Most of Baseline’s clients already have a general sense of their desired outcomes before they retain us. They need to launch a new project or begin a design or development effort, and they want the benefit of experience to start the right way.
The savviest clients welcome the knowledge transfer that accompanies working hand-in-hand with a consulting firm. They often take a “learn it, watch it, practice it, entrench it” approach. This lets them embrace change in an incremental way, incorporating new processes into their BI, MDM, data integration, or data warehouse development initiatives gradually, after putting them into practice.
But believe it or not, I’ve seen diagrams like this one scare the pants off of people:
Figure 1. Sample Requirement Process
When IT grumbled we weren’t surprised. Change invites discomfort. But we were amazed by the rationalizations for clinging to old ways. IT staff had been accustomed to throwing work over to some contractors who’d become fixtures onsite, filling in generic project requisition forms and write the odd SQL query. Indeed most of IT’s BI work was reactive. Most tasks were delegated, and most took more time than they should have. The fact that each of the steps in the new process required inputs, outputs, ownership, and delivery made some people in IT downright angry.
Consider manufacturing as a metaphor for IT development. As twentieth-century manufacturers embraced Henry Ford’s assembly line concept, they were ensuring:
- Predictable outcomes. By instituting repeatable processes, everyone knew what the end-state looked like.
- Easier detection of anomalies and defects. As processes make outcomes more predictable, outliers come into sharper focus.
- Enhanced productivity, since roles, work tasks, and handoff points are established and well-understood.
- The ability to track and measure productivity, quality, and desired outcomes, thereby driving further process refinements and product improvements.
- More accurate time and resource estimation, since initial scoping efforts can be informed by established process times.
As ironic as it seems, in BI—as in manufacturing—rigor actually invites flexibility. When everyone follows a sustainable development process, ownership, decision rights, and completion milestones are baked-in. Early error detection mitigates the need for reinvention and rework, allowing IT and business constituents to be clear about their commitments, and deliver them more quickly. BI teams can spend more on creative improvements, like enlisting new users, developing on-line tool and data training, and using social media tools for closer team collaboration.
Most of my new clients tend to want to talk about new technologies to acquire and organizational changes to make. What they don’t understand is that by embracing best-practice approaches to development and getting the process piece out of the way, they’re making room to have more substantive conversations about people and tools.

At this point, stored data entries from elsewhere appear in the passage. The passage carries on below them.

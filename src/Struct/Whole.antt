-- ===== src/Struct/Whole.antt =====
-- struct.py: what is written is read back.
use mathlib.Core.List.{append_assoc, append-nil}
use rsyscall.Base.{
  ℕ, zero, suc, ◌+◌, ◌≤◌, ◌≡◌, refl, ap, ◌∙◌, List, [], ◌∷◌, ◌++◌, Option, none, some, ◌==◌, false,
  arith, drop, length, length-append, length-drop,
}
use rsyscall.Struct.{
  Bytes, Serializer, Loop, returned, raised, running, join, map_bytes, list_to_bytes, append_entry,
  turns_from_bytes, list_from_bytes, to_null_terminated, before_null, from_null_terminated,
}

-- What a struct's serializer promises: `sizeof` is the number of bytes that it writes, at least one,
-- and it reads its own bytes back, whatever follows them.
pub record IsSerializer {ℓ} {A : Type ℓ} (ser : Serializer A) : Type ℓ where
  pub nonempty : 1 ≤ ser.sizeof
  pub length_of : (a : A) → length (ser.to_bytes a) ≡ ser.sizeof
  pub reads_back : (a : A) (rest : Bytes) → ser.from_bytes (ser.to_bytes a ++ rest) ≡ some a

drop-append : (n : ℕ) (xs ys : Bytes) → length xs ≡ n → drop n (xs ++ ys) ≡ ys
drop-append zero [] ys e = refl
drop-append zero (x ∷ xs) ys e = ground arith
drop-append (suc n) [] ys e = ground arith
drop-append (suc n) (x ∷ xs) ys e = drop-append n xs ys (omega (arith, e))

module _ {ℓ} {A : Type ℓ} (ser : Serializer A) (w : IsSerializer ser) where
  turn :
      (fuel : ℕ) (bytes : Bytes)
      → 1 ≤ length bytes
      → turns_from_bytes (suc fuel) ser bytes
        ≡ append_entry (ser.from_bytes bytes) (turns_from_bytes fuel ser (drop ser.sizeof bytes))
  unfolding turns_from_bytes
  turn fuel [] le = ground arith
  turn fuel (b ∷ bytes) le = refl

  turns_from_bytes-join :
      (elems : List A) (fuel : ℕ)
      → length (join (map_bytes ser.to_bytes elems)) ≤ fuel
      → turns_from_bytes fuel ser (join (map_bytes ser.to_bytes elems)) ≡ returned elems
  unfolding turns_from_bytes
  turns_from_bytes-join [] fuel le = refl
  turns_from_bytes-join (a ∷ elems) zero le = ground (
    arith,
    length-append (ser.to_bytes a) (join (map_bytes ser.to_bytes elems)),
    w.length_of a,
    w.nonempty,
  )
  turns_from_bytes-join (a ∷ elems) (suc fuel) le =
      let rest = join (map_bytes ser.to_bytes elems) in
      let len : length (ser.to_bytes a ++ rest) ≡ ser.sizeof + length rest =
        length-append (ser.to_bytes a) rest ∙ ap (λ n. n + length rest) (w.length_of a) in
      turn fuel (ser.to_bytes a ++ rest) (omega (arith, len, w.nonempty))
      ∙ ap
          (λ o.
            append_entry o (turns_from_bytes fuel ser (drop ser.sizeof (ser.to_bytes a ++ rest))))
          (w.reads_back a rest)
      ∙ ap (λ d. append_entry (some a) (turns_from_bytes fuel ser d))
          (drop-append ser.sizeof (ser.to_bytes a) rest (w.length_of a))
      ∙ ap (append_entry (some a))
          (turns_from_bytes-join elems fuel (omega (arith, le, len, w.nonempty)))

  -- A list of structs is read back as it was written, and the loop ends, when the serializer of the
  -- elements reads each of them back from the `sizeof` bytes, at least one, that it writes for it.
  pub list_from_bytes-list_to_bytes :
      (elems : List A) → list_from_bytes ser (list_to_bytes ser elems) ≡ returned elems
  unfolding list_from_bytes list_to_bytes
  list_from_bytes-list_to_bytes elems =
      turns_from_bytes-join elems (length (join (map_bytes ser.to_bytes elems))) (omega arith)

  append_entry-running : (o : Option A) (r : Loop A) → append_entry o r ≡ running → r ≡ running
  append_entry-running none r e = cc
  append_entry-running (some a) (returned l) e = cc
  append_entry-running (some a) raised e = cc
  append_entry-running (some a) running e = refl

  turns_from_bytes-ends :
      (fuel : ℕ) (bytes : Bytes)
      → length bytes ≤ fuel
      → turns_from_bytes fuel ser bytes ≡ running
      → ⊥
  unfolding turns_from_bytes
  turns_from_bytes-ends fuel [] le e = cc
  turns_from_bytes-ends zero (b ∷ bytes) le e = omega (arith, le)
  turns_from_bytes-ends (suc fuel) (b ∷ bytes) le e =
      turns_from_bytes-ends fuel (drop ser.sizeof (b ∷ bytes))
        (omega (arith, le, length-drop ser.sizeof (b ∷ bytes), w.nonempty))
        (append_entry-running (ser.from_bytes (b ∷ bytes))
          (turns_from_bytes fuel ser (drop ser.sizeof (b ∷ bytes))) e)

  -- Whatever bytes it is given, the loop ends.
  pub list_from_bytes-ends : (bytes : Bytes) → ¬ (list_from_bytes ser bytes ≡ running)
  unfolding list_from_bytes
  list_from_bytes-ends bytes = turns_from_bytes-ends (length bytes) bytes (omega arith)

-- No byte of the list is zero.
abbrev pub NoNull : Bytes → Type 0
NoNull [] = Unit {0}
NoNull (b ∷ bytes) = ((b == 0) ≡ false) × NoNull bytes

pub before_null-append :
    (xs rest : Bytes) → NoNull xs → before_null (xs ++ rest) ≡ xs ++ before_null rest
before_null-append [] rest w = refl
before_null-append (x ∷ xs) rest (e, w) = rw (e, before_null-append xs rest w) refl

before_null-terminated : (xs rest : Bytes) → NoNull xs → before_null ((xs ++ (0 ∷ [])) ++ rest) ≡ xs
before_null-terminated xs rest w =
    rw (append_assoc xs (0 ∷ []) rest, before_null-append xs (0 ∷ rest) w, append-nil xs) refl

-- A string whose encoding has no zero byte is read back, whatever follows its terminator.
pub from_null_terminated-append {ℓ} :
    {S : Type ℓ} (fsencode : S → Bytes) (fsdecode : Bytes → S)
    → ((v : S) → fsdecode (fsencode v) ≡ v)
    → (val : S) (rest : Bytes) → NoNull (fsencode val)
    → from_null_terminated fsdecode (to_null_terminated fsencode val ++ rest) ≡ val
unfolding from_null_terminated to_null_terminated
from_null_terminated-append fsencode fsdecode inverse val rest w =
    ap fsdecode (before_null-terminated (fsencode val) rest w) ∙ inverse val
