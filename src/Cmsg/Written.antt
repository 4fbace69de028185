-- ===== src/Cmsg/Written.antt =====
-- sys/socket.py: the bytes of a control message, and what the bindings promise of them.
use mathlib.Core.List.{append_assoc}
use rsyscall.Base.{
  ℕ, ◌+◌, ◌≤◌, ◌<◌, ◌≡◌, sym, ap, ◌∙◌, ◌^◌, true, List, [], ◌∷◌, ◌++◌, ◌==◌, arith, drop, length,
  length-append, drop-length,
}
use rsyscall.Struct.{Bytes, list_to_bytes}
use rsyscall.Struct.Whole.{IsSerializer}
use rsyscall.Cmsg.{Bindings, rights_to_bytes}

-- What the bindings promise, for a length of 64 bits and a level and a type that fit into an int, as
-- those of the constants do: the header has one size, at least one byte, and its fields are read back
-- before other bytes.
pub record IsBindings {ℓ} {Fd : Type ℓ} (c : Bindings Fd) : Type ℓ where
  pub int_serializer : IsSerializer c.int_struct
  pub nonempty : 1 ≤ c.header_size
  pub socket_fits : c.sol_socket < 2 ^ 31
  pub rights_fits : c.scm_rights < 2 ^ 31
  pub length-header_bytes :
      (n level type : ℕ)
      → n < 2 ^ 64
      → level < 2 ^ 31
      → type < 2 ^ 31
      → length (c.header_bytes n level type) ≡ c.header_size
  pub cmsg_len-header_bytes :
      (n level type : ℕ) (rest : Bytes)
      → n < 2 ^ 64
      → level < 2 ^ 31
      → type < 2 ^ 31
      → c.cmsg_len (c.header_bytes n level type ++ rest) ≡ n
  pub cmsg_level-header_bytes :
      (n level type : ℕ) (rest : Bytes)
      → n < 2 ^ 64
      → level < 2 ^ 31
      → type < 2 ^ 31
      → c.cmsg_level (c.header_bytes n level type ++ rest) ≡ level
  pub cmsg_type-header_bytes :
      (n level type : ℕ) (rest : Bytes)
      → n < 2 ^ 64
      → level < 2 ^ 31
      → type < 2 ^ 31
      → c.cmsg_type (c.header_bytes n level type ++ rest) ≡ type

pub ==_refl : (n : ℕ) → (n == n) ≡ true
==_refl n = ground arith

module _ {ℓ} {Fd : Type ℓ} (c : Bindings Fd) (w : IsBindings c) where
  -- The length of each message fits into the header.
  pub data AllFit : List (List Fd) → Type ℓ where
    none_left : AllFit []
    next_fits :
        {fds : List Fd} {l : List (List Fd)}
        → c.header_size + length (list_to_bytes c.int_struct fds) < 2 ^ 64
        → AllFit l
        → AllFit (fds ∷ l)

  abbrev pub LengthFits : List Fd → Type 0
  LengthFits fds = c.header_size + length (list_to_bytes c.int_struct fds) < 2 ^ 64

  abbrev header : List Fd → Bytes
  header fds =
      c.header_bytes (c.header_size + length (list_to_bytes c.int_struct fds)) c.sol_socket
        c.scm_rights

  pub length-rights_to_bytes :
      (fds : List Fd)
      → LengthFits fds
      → length (rights_to_bytes c fds) ≡ c.header_size + length (list_to_bytes c.int_struct fds)
  unfolding rights_to_bytes
  length-rights_to_bytes fds h =
      length-append (header fds) (list_to_bytes c.int_struct fds)
      ∙ ap (λ n. n + length (list_to_bytes c.int_struct fds))
          (w.length-header_bytes _ _ _ h w.socket_fits w.rights_fits)

  pub message_len :
      (fds : List Fd) (rest : Bytes)
      → LengthFits fds
      → c.cmsg_len (rights_to_bytes c fds ++ rest) ≡ length (rights_to_bytes c fds)
  unfolding rights_to_bytes
  message_len fds rest h =
      ap c.cmsg_len (append_assoc (header fds) (list_to_bytes c.int_struct fds) rest)
      ∙ w.cmsg_len-header_bytes _ _ _ (list_to_bytes c.int_struct fds ++ rest) h w.socket_fits
          w.rights_fits
      ∙ sym (length-rights_to_bytes fds h)

  pub message_level :
      (fds : List Fd) (rest : Bytes)
      → LengthFits fds
      → c.cmsg_level (rights_to_bytes c fds ++ rest) ≡ c.sol_socket
  unfolding rights_to_bytes
  message_level fds rest h =
      ap c.cmsg_level (append_assoc (header fds) (list_to_bytes c.int_struct fds) rest)
      ∙ w.cmsg_level-header_bytes _ _ _ (list_to_bytes c.int_struct fds ++ rest) h w.socket_fits
          w.rights_fits

  pub message_type :
      (fds : List Fd) (rest : Bytes)
      → LengthFits fds
      → c.cmsg_type (rights_to_bytes c fds ++ rest) ≡ c.scm_rights
  unfolding rights_to_bytes
  message_type fds rest h =
      ap c.cmsg_type (append_assoc (header fds) (list_to_bytes c.int_struct fds) rest)
      ∙ w.cmsg_type-header_bytes _ _ _ (list_to_bytes c.int_struct fds ++ rest) h w.socket_fits
          w.rights_fits

  pub payload_lem :
      (fds : List Fd)
      → LengthFits fds
      → drop c.header_size (rights_to_bytes c fds) ≡ list_to_bytes c.int_struct fds
  unfolding rights_to_bytes
  payload_lem fds h =
      ap (λ n. drop n (header fds ++ list_to_bytes c.int_struct fds))
        (sym (w.length-header_bytes _ _ _ h w.socket_fits w.rights_fits))
      ∙ drop-length (header fds) (list_to_bytes c.int_struct fds)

Great post! If I'm reading it correctly, another benefit of having a well-defined process -- and having that process include real and rigorous business engagement early and often -- is that there tends to be better alignment throughout the whole project. The business stakeholders learn more about what they're asking for (the technical ramifications) at the same time the technical stakeholders learn what the true business drivers are. That involvement from both areas makes for a solid foundation for the program -- aligning both groups of stakeholders on common ground that can be used throughout the project to drive decisions as issues and hiccups arise.
Posted by: Tim Wilson | July 07, 2009 at 08:34 AM
Hi Tim!!
Nice catch. Yes, the happy by-product of a formal process is that everyone understands "when to engage." That sounds simple enough but at many companies there's still a lot of confusion about the business' responsibilities versus IT's.
Heartily agree with your comments about alignment, too. To your point, over time this means that the business becomes more realistic about what their requests mean resource and cost-wise. Because hiccups ALWAYS arise!
Thanks, as usual, for the thoughtful post.
Posted by: Jill Dyche | July 07, 2009 at 12:06 PM
I like the comments around how process can help teams become more creative. In my experience I find this to be very true but note that is does take time for any process to become efficient. When this manifests itself, true creative gains can be made.
The time between getting a process up and running and when it becomes truly efficient can be a very tenuous time as the team tries to get its legs under itself. Naysayers will tend to blame bureaucracy and use that buzzword wherever possible to discourage the use of process as it often can resonate well with those who may be listening.
Getting though this requires solid leadership that has the ability to stick to the plan and work with all stakeholders to find improvements in the process. Seasoned leadership can see the potential gains on the other side and that is what drives them though any initial resistance and efficiency issues.